- About this task
From the line with "m >>= λ r. ok r.0)" through the line with "ap (λ u. statusbar_hide", inclusive, return each line of the data below exactly and leave the rest out.

- Data extracted from a collection
========================================
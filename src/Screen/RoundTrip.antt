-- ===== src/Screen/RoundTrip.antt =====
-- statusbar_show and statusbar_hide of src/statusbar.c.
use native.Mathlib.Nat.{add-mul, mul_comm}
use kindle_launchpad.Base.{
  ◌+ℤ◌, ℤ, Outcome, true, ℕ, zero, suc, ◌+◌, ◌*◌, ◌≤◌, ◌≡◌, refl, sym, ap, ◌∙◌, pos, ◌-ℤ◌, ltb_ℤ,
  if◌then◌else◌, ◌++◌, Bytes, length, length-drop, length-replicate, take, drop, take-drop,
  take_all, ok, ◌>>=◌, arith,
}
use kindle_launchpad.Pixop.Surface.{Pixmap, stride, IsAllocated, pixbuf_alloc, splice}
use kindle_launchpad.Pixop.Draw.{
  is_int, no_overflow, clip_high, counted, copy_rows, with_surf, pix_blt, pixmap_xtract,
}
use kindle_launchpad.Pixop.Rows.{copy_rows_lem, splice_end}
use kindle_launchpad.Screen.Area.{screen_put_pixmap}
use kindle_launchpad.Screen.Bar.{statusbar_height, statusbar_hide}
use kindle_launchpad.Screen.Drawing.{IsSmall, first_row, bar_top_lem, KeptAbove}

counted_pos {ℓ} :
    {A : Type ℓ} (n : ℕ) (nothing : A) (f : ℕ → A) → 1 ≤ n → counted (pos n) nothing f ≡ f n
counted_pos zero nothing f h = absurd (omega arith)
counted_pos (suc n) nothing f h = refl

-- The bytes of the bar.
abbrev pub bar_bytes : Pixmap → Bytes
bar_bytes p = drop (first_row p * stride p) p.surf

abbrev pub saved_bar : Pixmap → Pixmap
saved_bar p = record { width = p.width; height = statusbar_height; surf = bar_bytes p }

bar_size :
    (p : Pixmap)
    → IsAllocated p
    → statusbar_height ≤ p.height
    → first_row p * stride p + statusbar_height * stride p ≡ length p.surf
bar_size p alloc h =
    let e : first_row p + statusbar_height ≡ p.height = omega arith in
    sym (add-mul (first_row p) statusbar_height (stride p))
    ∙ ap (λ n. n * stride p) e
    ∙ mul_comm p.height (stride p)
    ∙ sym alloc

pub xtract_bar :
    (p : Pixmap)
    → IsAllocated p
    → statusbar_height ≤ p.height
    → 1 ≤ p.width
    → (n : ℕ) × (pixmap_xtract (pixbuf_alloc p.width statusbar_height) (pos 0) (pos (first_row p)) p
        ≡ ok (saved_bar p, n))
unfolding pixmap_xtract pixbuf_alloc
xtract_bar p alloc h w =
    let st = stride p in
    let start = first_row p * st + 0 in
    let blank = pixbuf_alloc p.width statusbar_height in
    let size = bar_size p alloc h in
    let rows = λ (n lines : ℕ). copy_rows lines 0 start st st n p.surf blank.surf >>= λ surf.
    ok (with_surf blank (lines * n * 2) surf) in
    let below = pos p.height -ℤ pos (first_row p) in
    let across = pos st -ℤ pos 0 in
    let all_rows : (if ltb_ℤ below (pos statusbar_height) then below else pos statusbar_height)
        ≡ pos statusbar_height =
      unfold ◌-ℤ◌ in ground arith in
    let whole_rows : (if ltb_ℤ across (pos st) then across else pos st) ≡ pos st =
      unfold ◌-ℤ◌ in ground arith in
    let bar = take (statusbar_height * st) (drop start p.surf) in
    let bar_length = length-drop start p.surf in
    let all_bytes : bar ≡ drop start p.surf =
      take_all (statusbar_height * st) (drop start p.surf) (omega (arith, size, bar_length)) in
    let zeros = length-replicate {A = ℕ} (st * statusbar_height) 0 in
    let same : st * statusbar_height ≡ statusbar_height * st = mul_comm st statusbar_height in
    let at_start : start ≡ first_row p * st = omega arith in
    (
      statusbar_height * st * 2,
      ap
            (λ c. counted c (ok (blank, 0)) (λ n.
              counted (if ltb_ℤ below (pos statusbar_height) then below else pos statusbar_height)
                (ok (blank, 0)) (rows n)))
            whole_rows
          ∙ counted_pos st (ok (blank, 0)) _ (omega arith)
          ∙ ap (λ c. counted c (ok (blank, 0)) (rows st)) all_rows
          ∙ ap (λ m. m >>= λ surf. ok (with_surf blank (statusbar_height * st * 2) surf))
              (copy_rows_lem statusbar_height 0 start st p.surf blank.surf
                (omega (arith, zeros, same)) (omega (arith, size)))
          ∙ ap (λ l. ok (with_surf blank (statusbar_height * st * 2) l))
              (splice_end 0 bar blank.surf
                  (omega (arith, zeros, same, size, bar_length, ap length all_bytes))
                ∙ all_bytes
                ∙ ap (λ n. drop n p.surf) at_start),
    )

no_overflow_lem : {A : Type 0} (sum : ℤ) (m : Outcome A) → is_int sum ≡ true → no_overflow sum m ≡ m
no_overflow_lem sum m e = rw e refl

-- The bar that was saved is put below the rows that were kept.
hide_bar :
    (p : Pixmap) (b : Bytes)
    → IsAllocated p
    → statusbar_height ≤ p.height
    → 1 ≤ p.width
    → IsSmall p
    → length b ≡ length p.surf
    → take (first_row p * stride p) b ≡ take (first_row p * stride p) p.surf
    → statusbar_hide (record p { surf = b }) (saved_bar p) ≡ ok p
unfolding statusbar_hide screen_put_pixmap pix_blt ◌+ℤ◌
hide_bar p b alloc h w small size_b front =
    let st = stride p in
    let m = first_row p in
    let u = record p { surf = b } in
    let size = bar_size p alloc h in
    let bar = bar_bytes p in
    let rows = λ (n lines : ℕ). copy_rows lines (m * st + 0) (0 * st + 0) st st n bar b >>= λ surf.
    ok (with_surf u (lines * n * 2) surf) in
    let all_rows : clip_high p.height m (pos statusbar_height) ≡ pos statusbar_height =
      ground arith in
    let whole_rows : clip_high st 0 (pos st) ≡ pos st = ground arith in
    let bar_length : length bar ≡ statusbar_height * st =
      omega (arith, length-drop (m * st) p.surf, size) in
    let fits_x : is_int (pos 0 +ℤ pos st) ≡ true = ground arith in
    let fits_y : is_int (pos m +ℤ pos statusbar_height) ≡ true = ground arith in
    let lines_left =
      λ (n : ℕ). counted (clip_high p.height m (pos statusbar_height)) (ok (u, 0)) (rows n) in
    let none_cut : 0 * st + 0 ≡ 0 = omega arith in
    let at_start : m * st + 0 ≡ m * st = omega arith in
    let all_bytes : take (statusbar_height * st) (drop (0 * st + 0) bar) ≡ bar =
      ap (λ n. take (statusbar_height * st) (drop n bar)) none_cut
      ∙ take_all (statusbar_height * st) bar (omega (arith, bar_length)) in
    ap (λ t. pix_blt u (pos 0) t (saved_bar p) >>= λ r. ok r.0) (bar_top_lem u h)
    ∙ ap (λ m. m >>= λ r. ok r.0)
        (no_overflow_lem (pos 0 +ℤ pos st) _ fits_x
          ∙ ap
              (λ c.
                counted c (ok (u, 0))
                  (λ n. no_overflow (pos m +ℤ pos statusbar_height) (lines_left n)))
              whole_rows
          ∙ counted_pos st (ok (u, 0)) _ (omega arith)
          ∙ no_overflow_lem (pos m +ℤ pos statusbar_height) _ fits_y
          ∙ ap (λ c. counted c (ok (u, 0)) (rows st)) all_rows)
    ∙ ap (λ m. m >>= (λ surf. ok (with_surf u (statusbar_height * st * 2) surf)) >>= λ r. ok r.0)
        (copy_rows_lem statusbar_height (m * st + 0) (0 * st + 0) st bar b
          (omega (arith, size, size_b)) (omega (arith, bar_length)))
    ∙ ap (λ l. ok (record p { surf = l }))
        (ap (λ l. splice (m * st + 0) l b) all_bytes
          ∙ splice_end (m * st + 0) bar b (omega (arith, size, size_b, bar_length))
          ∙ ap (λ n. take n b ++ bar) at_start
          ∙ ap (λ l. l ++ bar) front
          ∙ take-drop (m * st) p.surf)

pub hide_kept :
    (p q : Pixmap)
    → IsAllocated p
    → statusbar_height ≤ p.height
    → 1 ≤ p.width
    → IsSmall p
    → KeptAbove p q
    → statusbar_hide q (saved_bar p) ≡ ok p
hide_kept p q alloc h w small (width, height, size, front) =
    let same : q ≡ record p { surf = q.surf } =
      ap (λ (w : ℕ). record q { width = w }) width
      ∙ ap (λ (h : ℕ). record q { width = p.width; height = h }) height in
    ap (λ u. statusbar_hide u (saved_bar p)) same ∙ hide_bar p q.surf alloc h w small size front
========================================
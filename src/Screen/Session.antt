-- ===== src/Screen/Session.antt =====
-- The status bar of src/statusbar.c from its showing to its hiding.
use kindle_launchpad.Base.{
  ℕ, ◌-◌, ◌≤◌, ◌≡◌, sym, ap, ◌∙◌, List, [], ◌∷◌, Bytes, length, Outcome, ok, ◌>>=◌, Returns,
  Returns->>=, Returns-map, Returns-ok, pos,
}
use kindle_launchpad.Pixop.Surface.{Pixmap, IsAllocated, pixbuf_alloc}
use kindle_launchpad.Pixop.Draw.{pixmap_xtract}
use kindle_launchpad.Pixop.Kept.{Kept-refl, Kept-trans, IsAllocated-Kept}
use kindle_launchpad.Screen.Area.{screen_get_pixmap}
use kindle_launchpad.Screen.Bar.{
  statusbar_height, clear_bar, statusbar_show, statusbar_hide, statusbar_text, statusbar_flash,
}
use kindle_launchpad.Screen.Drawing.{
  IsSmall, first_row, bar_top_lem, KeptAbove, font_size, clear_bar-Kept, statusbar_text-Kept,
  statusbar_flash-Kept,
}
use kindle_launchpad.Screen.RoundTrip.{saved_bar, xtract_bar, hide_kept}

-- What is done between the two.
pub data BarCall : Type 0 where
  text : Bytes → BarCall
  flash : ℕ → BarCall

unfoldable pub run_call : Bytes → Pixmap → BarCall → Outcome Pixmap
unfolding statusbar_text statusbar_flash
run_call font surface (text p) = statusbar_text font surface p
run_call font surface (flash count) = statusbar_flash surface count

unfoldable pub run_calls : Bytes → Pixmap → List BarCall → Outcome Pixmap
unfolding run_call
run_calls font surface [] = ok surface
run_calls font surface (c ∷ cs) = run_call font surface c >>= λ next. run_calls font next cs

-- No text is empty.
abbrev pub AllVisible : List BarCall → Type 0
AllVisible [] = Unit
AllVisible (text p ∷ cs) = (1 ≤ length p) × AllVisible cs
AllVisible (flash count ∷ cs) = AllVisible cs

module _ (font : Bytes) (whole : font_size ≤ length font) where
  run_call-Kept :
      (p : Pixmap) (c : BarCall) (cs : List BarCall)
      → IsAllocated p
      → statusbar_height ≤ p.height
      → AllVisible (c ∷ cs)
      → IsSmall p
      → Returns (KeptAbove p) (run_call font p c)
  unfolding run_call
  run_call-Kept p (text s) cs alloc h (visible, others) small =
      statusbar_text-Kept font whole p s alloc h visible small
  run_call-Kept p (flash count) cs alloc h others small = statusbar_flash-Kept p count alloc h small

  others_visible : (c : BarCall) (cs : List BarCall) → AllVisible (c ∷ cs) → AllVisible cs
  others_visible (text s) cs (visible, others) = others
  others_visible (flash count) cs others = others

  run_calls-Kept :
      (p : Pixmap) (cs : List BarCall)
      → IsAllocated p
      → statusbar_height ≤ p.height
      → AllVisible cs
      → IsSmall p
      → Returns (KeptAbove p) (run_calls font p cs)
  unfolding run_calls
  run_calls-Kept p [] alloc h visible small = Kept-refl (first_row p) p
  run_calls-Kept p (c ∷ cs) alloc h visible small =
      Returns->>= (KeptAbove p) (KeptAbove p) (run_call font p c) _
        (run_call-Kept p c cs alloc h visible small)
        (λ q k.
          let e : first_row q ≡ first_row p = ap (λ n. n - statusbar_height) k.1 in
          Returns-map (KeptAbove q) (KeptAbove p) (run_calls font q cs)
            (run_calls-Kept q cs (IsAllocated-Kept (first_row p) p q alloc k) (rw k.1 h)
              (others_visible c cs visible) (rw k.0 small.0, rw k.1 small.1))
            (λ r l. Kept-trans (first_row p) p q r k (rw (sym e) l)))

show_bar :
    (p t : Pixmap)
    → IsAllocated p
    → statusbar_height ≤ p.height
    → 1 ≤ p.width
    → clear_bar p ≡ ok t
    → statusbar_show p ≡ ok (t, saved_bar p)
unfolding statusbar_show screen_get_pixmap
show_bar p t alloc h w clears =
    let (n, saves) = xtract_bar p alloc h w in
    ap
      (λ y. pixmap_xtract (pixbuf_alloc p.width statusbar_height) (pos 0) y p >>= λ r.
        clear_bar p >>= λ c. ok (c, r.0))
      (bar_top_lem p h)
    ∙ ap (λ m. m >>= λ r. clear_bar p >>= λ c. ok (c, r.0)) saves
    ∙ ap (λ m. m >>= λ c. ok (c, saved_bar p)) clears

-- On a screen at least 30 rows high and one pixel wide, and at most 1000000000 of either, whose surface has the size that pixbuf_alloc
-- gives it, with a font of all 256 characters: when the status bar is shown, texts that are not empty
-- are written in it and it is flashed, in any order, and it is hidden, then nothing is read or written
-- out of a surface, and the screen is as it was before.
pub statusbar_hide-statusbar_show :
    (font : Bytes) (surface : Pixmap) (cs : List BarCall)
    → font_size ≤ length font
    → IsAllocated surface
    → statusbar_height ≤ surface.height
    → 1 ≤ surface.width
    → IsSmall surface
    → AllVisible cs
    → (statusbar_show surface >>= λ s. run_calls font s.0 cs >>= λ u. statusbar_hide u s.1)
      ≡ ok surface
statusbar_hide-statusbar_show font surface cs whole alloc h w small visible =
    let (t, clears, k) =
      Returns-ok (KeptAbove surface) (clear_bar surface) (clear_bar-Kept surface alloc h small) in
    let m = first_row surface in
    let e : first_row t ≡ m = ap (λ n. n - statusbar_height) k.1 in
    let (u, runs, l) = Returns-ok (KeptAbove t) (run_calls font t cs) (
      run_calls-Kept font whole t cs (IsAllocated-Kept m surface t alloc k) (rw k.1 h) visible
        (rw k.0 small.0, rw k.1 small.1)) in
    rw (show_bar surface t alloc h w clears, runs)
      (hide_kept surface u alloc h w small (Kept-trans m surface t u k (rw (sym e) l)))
========================================
- Output for this task
    ∙ ap (λ m. m >>= λ r. ok r.0)
        (no_overflow_lem (pos 0 +ℤ pos st) _ fits_x
          ∙ ap
              (λ c.
                counted c (ok (u, 0))
                  (λ n. no_overflow (pos m +ℤ pos statusbar_height) (lines_left n)))
              whole_rows
          ∙ counted_pos st (ok (u, 0)) _ (omega arith)
          ∙ no_overflow_lem (pos m +ℤ pos statusbar_height) _ fits_y
          ∙ ap (λ c. counted c (ok (u, 0)) (rows st)) all_rows)
    ∙ ap (λ m. m >>= (λ surf. ok (with_surf u (statusbar_height * st * 2) surf)) >>= λ r. ok r.0)
        (copy_rows_lem statusbar_height (m * st + 0) (0 * st + 0) st bar b
          (omega (arith, size, size_b)) (omega (arith, bar_length)))
    ∙ ap (λ l. ok (record p { surf = l }))
        (ap (λ l. splice (m * st + 0) l b) all_bytes
          ∙ splice_end (m * st + 0) bar b (omega (arith, size, size_b, bar_length))
          ∙ ap (λ n. take n b ++ bar) at_start
          ∙ ap (λ l. l ++ bar) front
          ∙ take-drop (m * st) p.surf)

pub hide_kept :
    (p q : Pixmap)
    → IsAllocated p
    → statusbar_height ≤ p.height
    → 1 ≤ p.width
    → IsSmall p
    → KeptAbove p q
    → statusbar_hide q (saved_bar p) ≡ ok p
hide_kept p q alloc h w small (width, height, size, front) =
    let same : q ≡ record p { surf = q.surf } =
      ap (λ (w : ℕ). record q { width = w }) width
      ∙ ap (λ (h : ℕ). record q { width = p.width; height = h }) height in
    ap (λ u. statusbar_hide u (saved_bar p)) same ∙ hide_bar p q.surf alloc h w small size front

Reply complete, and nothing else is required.